Ambient Electrochemical Ammonia Synthesis with High Selectivity on Fe/Fe Oxide Catalyst

Electrochemical reduction of N₂ to NH₃ under ambient conditions can provide an alternative to the Haber-Bosch process for distributed NH₃ production that can be powered by renewable electricity. The major challenge for realizing such a process is to develop efficient electrocatalysts for the N₂ reduction reaction (N₂RR), as typical catalysts show a low activity and selectivity due to the barrier for N₂ activation and the competing hydrogen evolution reaction (HER).

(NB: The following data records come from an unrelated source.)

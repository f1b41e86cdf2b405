-- ===== src/Protocol/Receive/Tests.antt =====
-- Applications of the theorems on receiving.
use open_fusion.Common.{
  Bool-cases, inl, if◌then◌else◌, ◌==◌, inr, ◌≤◌, subst, length-take, ℕ, ◌≡◌, refl, true, false,
  Option, none, some, List, [], ◌∷◌, ◌++◌, arith, take, drop, length, replicate, length-replicate,
}
use open_fusion.Common.Int.{pos}
use open_fusion.Protocol.Packets.{PacketDesc, PacketData, parse_packet}
use open_fusion.Protocol.Packets.Parse.{AreCountsInside}
use open_fusion.Common.Words.{word_bytes}
use open_fusion.Protocol.Cipher.{
  ◌>>=◌, encrypt_data, xor_data, encrypt_byte_change_a, xor_loop, change_loop, er_size_of, exchange,
  next_num3,
}
use open_fusion.Protocol.Socket.Frames.{plain_body}
use open_fusion.Protocol.Receive.Transfer.{complete, receive_packet, receive_packet-full_packet}
use open_fusion.Protocol.Socket.{full_packet, key_bytes, Socket, key_unset}
use open_fusion.Protocol.Receive.{
  RecvReply, received, recv_would_block, step, finish_packet, reset, dispatch,
}
use open_fusion.Protocol.Receive.Safety.{IsReceiver, RecvWithin, step-IsReceiver}
use open_fusion.Protocol.Receive.Reassembly.{concat, deliver, deliver-finish_packet}

-- No packet is known, and the handler does nothing.
abbrev no_packets : ℕ → Option PacketDesc
no_packets t = none

abbrev no_handler : Socket → PacketData → Socket
no_handler s pkt = s

zeros : List ℕ
zeros = replicate 4096 0

abbrev idle_socket : Socket
idle_socket = record {
  e_key = 99;
  fe_key = 7;
  read_size = pos 0;
  read_buffer = zeros;
  read_buffer_index = 0;
  actively_reading = false;
  alive = true;
  active_key = key_unset;
}

zeros-length : length zeros ≡ 4096
unfolding zeros
zeros-length = length-replicate {A = ℕ} 4096 0

abbrev reading_socket : Socket
reading_socket = record idle_socket {
  read_size = pos 6;
  read_buffer_index = 1;
  actively_reading = true;
}

-- The header announces -1 bytes.
abbrev bad_header : ℕ → RecvReply
bad_header n = received (take n (255 ∷ 255 ∷ 255 ∷ 255 ∷ []))

bad_header-RecvWithin : RecvWithin bad_header
bad_header-RecvWithin n bs e =
    let same : take n (255 ∷ 255 ∷ 255 ∷ 255 ∷ []) ≡ bs = cc in
    subst (λ (t : List ℕ). length t ≤ n) same
      (omega (arith, length-take {A = ℕ} n (255 ∷ 255 ∷ 255 ∷ 255 ∷ [])))

-- One variadic packet, with its count behind eight bytes.
abbrev one_packet : ℕ → Option PacketDesc
one_packet t =
    if t == 0x12000002
    then some (record {
      val = 0x12000002;
      name = "VARY";
      size = 12;
      variadic = true;
      cnt_memb_ofs = 8;
      trailer_size = 3;
    })
    else none

one_packet-AreCountsInside : AreCountsInside one_packet
one_packet-AreCountsInside t d e vary = elim (Bool-cases (t == 0x12000002)) [
  | inl one ↦ ground arith
  | inr other ↦ ground arith
]

step-IsReceiver_example :
    (t : Socket) × (step one_packet no_handler bad_header (λ _. recv_would_block) idle_socket
      ≡ some t)
    × IsReceiver t
step-IsReceiver_example =
    step-IsReceiver one_packet no_handler (λ s pkt. refl) one_packet-AreCountsInside bad_header
      (λ _. recv_would_block) idle_socket bad_header-RecvWithin (λ n bs e. cc)
      (record { buffered = zeros-length; sized = inr (omega arith); indexed = omega arith }) refl

deliver-finish_packet_example :
    deliver no_packets no_handler ((1 ∷ 2 ∷ []) ∷ (3 ∷ 4 ∷ 5 ∷ []) ∷ []) reading_socket
    ≡ finish_packet no_packets no_handler (record reading_socket {
      read_buffer = take 1 zeros ++ (concat ((1 ∷ 2 ∷ []) ∷ (3 ∷ 4 ∷ 5 ∷ []) ∷ []) ++ drop 6 zeros);
      read_buffer_index = 6;
    })
unfolding concat
deliver-finish_packet_example =
    deliver-finish_packet no_packets no_handler ((1 ∷ 2 ∷ []) ∷ (3 ∷ 4 ∷ 5 ∷ []) ∷ [])
      reading_socket 6
      (record {
        size = refl;
        index = omega arith;
        active = refl;
        buffered = zeros-length;
        bounded = omega arith;
      })
      ((λ e. cc), ((λ e. cc), tt)) refl

-- What sendPacket makes of the body 8, 9 under the key 99, and two pieces of it.
abbrev sent_frame : List ℕ
sent_frame = 6 ∷ 0 ∷ 0 ∷ 0 ∷ 98 ∷ 0 ∷ 0 ∷ 18 ∷ 8 ∷ 9 ∷ []

abbrev sent_pieces : List (List ℕ)
sent_pieces = (98 ∷ 0 ∷ 0 ∷ []) ∷ (18 ∷ 8 ∷ 9 ∷ []) ∷ []

sent_frame_test : full_packet (key_bytes 99) (8 ∷ 9 ∷ []) 0x12000001 2 ≡ some sent_frame
unfolding full_packet encrypt_data xor_data encrypt_byte_change_a xor_loop change_loop er_size_of
    exchange next_num3 word_bytes key_bytes
sent_frame_test = refl

receive_packet-full_packet_example :
    receive_packet no_packets no_handler (take 4 sent_frame) sent_pieces idle_socket ≡ (
      parse_packet no_packets (plain_body (8 ∷ 9 ∷ []) 0x12000001 2 ++ drop 6 zeros) 6 >>= λ parsed.
      some (reset (dispatch no_packets no_handler (complete idle_socket 6) parsed)))
unfolding concat
receive_packet-full_packet_example =
    receive_packet-full_packet no_packets no_handler idle_socket (8 ∷ 9 ∷ []) 0x12000001 2
      sent_frame sent_pieces (record { size = refl; index = refl; buffered = zeros-length })
      (omega arith) (omega arith) sent_frame_test ((λ e. cc), ((λ e. cc), tt)) refl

Here we report an Fe/Fe₃O₄ catalyst for ambient electrochemical NH₃ synthesis, which was prepared by oxidizing an Fe foil at 300 °C followed by in situ electrochemical reduction. The Fe/Fe₃O₄ catalyst exhibits a Faradaic efficiency of 8.29% for NH₃ production at -0.3 V vs the reversible hydrogen electrode in phosphate buffer solution, which is around 120 times higher than that of the original Fe foil. The high selectivity is enabled by an enhancement of the intrinsic (surface-area-normalized) N₂RR activity by up to 9-fold as well as an effective suppression of the HER activity. The N₂RR selectivity of the Fe/Fe₃O₄ catalyst is also higher than that of Fe, Fe₃O₄, and Fe₂O₃ nanoparticles, suggesting Fe/Fe oxide composite to be an efficient catalyst for ambient electrochemical NH₃ synthesis.